- Work item:
Report how many lines below include the string "AtMostOnce". Please keep the reply to that number.

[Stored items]
★ ★ ★ ★ ★ ★ ★
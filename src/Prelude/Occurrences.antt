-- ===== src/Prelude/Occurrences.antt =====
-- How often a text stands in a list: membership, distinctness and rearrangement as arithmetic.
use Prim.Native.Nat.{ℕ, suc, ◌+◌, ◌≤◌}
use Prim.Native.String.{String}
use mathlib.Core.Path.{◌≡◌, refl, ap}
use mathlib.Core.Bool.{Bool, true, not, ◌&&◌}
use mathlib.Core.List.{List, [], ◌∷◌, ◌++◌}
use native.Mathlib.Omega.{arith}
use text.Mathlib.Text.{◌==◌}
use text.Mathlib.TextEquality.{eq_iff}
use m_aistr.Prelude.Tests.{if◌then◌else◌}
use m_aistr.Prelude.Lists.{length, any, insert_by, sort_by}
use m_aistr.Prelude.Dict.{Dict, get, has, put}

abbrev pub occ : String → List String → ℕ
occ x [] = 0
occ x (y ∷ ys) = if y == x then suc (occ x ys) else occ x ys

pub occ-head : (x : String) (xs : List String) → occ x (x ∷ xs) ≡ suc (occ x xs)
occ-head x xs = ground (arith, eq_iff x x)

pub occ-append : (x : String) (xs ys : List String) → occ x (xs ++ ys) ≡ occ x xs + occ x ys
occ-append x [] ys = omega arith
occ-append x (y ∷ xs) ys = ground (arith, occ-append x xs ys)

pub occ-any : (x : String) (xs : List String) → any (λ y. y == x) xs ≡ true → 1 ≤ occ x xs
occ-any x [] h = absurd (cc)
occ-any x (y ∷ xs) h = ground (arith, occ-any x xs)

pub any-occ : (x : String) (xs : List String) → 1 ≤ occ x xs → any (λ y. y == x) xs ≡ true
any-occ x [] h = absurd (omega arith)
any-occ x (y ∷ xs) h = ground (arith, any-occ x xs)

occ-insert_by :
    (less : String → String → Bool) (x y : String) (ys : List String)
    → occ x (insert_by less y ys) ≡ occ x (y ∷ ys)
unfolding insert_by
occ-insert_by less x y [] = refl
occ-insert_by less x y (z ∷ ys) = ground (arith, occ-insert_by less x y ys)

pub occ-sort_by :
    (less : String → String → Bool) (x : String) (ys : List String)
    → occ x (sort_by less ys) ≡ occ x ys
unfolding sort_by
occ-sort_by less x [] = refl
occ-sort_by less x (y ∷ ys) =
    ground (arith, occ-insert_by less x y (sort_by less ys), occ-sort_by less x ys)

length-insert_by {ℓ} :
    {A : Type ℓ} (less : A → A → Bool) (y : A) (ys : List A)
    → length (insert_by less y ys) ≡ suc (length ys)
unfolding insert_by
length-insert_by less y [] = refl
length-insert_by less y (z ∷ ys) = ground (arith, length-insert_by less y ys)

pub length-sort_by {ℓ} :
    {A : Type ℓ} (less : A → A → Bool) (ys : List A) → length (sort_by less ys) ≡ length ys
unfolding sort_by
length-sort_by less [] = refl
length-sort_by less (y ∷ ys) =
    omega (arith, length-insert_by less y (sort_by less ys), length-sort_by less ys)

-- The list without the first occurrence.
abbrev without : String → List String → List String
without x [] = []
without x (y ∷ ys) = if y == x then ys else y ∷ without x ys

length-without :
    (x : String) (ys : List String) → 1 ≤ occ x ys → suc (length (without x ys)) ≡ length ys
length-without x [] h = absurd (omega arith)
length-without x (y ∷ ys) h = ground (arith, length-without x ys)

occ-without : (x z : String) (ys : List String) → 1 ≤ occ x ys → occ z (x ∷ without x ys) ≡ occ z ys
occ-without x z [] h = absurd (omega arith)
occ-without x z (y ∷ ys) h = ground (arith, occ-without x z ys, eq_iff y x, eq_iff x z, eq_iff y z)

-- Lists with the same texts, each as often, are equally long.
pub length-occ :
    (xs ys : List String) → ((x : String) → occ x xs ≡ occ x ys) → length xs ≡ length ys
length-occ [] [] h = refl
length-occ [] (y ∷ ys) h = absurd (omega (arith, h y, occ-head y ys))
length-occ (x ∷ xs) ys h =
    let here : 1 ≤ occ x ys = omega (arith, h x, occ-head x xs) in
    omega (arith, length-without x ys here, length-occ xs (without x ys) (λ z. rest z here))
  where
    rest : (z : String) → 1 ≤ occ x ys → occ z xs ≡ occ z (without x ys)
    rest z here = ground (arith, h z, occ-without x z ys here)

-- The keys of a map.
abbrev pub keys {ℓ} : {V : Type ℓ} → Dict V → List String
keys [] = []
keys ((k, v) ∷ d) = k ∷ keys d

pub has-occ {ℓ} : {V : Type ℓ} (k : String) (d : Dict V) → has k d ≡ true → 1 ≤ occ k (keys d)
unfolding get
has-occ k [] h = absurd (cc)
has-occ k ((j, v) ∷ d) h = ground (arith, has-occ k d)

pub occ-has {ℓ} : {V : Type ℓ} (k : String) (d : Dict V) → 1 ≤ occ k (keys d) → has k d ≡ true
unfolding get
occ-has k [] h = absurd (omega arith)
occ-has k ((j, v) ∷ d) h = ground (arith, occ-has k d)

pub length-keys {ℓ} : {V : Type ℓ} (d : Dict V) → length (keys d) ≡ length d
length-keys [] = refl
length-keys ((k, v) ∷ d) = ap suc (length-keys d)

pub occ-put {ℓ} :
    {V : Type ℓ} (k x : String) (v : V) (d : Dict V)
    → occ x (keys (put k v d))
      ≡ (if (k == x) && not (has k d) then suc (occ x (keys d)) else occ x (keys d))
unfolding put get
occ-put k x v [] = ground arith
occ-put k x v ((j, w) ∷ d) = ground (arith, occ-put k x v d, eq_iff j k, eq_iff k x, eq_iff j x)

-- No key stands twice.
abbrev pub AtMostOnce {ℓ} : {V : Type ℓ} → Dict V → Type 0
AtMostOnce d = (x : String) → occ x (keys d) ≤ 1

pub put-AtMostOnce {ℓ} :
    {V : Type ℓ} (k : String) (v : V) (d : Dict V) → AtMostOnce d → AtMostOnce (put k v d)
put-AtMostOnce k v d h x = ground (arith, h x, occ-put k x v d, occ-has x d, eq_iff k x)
★ ★ ★ ★ ★ ★ ★
- Answer to this task:
5